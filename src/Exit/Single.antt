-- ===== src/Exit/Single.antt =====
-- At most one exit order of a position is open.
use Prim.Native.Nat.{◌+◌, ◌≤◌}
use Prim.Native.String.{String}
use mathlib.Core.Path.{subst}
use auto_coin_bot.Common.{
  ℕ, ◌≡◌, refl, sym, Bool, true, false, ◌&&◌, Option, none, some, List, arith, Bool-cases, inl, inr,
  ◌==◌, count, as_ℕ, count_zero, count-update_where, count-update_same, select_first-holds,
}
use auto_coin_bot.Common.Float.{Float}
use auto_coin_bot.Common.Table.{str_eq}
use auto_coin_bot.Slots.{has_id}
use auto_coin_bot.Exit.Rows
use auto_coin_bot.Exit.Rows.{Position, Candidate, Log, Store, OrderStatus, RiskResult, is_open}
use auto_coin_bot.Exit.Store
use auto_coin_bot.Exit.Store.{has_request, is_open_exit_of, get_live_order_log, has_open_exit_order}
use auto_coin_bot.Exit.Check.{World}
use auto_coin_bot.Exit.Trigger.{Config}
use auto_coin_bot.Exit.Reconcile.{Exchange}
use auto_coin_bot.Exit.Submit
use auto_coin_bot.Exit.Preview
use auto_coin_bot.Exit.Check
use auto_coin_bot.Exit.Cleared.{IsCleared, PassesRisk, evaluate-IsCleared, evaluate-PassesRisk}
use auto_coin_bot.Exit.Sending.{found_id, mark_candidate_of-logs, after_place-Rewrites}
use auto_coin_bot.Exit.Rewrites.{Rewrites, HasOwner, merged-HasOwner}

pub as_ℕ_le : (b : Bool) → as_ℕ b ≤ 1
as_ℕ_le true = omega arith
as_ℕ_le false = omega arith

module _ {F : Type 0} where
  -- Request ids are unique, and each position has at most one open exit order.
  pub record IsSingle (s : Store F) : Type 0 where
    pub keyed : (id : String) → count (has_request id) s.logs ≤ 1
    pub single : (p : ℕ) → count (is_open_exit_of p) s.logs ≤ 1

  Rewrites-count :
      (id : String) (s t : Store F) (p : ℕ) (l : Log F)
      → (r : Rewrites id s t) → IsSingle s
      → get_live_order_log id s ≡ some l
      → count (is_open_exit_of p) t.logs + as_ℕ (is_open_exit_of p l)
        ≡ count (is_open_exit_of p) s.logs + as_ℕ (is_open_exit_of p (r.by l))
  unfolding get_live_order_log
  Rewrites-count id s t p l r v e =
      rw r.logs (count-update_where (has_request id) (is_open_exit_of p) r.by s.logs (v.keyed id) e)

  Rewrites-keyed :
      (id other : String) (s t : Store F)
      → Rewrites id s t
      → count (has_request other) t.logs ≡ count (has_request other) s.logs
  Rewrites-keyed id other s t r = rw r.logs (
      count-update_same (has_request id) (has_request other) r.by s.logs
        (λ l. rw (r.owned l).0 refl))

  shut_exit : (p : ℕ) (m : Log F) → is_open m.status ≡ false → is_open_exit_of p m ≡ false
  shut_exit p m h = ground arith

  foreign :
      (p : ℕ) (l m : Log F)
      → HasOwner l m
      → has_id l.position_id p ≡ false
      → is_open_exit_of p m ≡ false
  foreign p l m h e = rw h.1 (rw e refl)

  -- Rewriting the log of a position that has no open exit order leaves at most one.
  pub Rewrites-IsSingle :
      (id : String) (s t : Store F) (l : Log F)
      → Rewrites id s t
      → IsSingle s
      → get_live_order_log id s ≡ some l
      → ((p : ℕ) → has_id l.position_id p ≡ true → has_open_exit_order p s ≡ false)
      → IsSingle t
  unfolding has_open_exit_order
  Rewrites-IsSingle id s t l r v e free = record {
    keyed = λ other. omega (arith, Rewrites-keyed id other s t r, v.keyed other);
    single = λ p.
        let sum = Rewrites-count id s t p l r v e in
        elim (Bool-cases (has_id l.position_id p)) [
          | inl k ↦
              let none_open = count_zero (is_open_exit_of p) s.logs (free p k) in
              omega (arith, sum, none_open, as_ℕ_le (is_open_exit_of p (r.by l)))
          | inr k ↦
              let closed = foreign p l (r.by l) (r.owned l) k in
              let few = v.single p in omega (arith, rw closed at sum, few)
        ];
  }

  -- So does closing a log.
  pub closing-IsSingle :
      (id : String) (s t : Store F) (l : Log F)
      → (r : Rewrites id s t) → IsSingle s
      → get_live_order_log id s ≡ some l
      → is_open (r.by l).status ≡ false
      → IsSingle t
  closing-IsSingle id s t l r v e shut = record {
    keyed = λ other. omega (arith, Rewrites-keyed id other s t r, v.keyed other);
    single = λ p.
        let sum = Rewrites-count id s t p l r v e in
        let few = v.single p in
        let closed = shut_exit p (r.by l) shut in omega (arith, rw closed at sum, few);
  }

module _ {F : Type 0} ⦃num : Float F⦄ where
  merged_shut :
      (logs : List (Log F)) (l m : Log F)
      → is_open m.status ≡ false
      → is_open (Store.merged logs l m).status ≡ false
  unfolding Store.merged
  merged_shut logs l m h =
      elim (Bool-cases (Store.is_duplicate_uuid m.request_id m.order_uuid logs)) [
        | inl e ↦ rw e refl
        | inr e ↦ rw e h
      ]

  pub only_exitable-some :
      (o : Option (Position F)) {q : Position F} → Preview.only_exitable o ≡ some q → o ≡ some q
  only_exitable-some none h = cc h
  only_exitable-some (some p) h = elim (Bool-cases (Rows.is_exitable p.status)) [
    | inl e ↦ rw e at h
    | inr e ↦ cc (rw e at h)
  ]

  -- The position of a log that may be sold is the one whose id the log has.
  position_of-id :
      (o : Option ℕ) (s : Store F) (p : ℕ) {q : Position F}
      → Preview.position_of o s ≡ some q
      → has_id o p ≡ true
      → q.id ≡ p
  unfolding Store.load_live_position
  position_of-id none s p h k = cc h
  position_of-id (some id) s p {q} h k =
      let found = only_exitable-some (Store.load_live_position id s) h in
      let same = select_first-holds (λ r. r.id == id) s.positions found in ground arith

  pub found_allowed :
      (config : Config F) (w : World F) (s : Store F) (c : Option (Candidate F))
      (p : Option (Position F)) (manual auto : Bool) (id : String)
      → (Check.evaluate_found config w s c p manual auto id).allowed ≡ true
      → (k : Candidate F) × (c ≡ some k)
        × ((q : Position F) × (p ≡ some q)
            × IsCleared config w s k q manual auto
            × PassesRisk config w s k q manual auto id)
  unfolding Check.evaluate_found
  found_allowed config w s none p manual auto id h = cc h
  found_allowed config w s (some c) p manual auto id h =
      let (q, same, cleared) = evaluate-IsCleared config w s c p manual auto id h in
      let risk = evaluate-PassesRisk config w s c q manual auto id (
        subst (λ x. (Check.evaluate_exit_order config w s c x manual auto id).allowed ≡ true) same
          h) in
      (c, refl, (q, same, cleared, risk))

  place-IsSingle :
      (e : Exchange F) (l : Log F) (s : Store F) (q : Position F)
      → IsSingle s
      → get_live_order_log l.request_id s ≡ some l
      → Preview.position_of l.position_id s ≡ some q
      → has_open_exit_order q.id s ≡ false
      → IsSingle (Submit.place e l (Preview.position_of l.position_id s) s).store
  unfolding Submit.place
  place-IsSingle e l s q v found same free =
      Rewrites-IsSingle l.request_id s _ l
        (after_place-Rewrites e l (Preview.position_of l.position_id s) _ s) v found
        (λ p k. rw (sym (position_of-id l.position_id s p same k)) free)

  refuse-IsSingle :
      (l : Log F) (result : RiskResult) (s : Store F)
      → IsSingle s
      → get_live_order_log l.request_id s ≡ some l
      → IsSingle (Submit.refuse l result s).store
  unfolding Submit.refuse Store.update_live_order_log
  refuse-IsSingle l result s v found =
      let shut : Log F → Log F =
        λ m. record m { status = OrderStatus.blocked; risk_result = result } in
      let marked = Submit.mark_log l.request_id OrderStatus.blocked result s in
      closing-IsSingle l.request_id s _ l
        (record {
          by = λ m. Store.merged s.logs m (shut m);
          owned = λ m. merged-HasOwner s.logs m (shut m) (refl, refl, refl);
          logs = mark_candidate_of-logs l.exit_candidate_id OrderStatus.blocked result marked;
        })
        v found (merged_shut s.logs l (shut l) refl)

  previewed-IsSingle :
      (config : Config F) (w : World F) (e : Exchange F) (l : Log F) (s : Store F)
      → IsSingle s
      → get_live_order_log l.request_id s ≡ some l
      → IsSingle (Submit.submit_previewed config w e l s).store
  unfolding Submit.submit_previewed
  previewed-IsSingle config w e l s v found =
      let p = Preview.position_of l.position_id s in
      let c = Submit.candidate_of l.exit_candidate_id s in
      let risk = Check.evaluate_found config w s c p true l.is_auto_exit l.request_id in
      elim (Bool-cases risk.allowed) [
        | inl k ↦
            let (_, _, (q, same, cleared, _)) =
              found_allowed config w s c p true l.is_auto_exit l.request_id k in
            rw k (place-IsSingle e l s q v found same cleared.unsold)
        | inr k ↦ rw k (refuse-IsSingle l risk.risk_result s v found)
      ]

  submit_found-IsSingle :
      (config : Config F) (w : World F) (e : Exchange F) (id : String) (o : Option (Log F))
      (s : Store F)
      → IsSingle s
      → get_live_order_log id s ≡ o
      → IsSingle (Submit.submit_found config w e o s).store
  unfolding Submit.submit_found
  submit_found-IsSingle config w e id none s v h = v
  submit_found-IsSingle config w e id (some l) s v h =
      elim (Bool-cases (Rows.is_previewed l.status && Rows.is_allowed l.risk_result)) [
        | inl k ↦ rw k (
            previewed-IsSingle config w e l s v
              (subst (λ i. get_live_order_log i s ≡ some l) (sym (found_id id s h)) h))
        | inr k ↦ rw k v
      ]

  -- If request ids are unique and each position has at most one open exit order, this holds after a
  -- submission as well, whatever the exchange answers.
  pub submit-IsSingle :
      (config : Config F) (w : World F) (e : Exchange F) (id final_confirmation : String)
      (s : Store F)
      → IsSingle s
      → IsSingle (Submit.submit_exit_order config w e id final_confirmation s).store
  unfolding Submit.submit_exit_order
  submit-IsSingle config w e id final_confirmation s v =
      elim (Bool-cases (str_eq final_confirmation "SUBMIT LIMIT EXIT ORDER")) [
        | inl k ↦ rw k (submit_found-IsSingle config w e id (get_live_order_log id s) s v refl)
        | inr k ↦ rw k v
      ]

——————————

For the string "antt", show each line of the entries above where it occurs.

# Response box
filename src/Exit/Single.antt
-- ===== src/Exit/Single.antt =====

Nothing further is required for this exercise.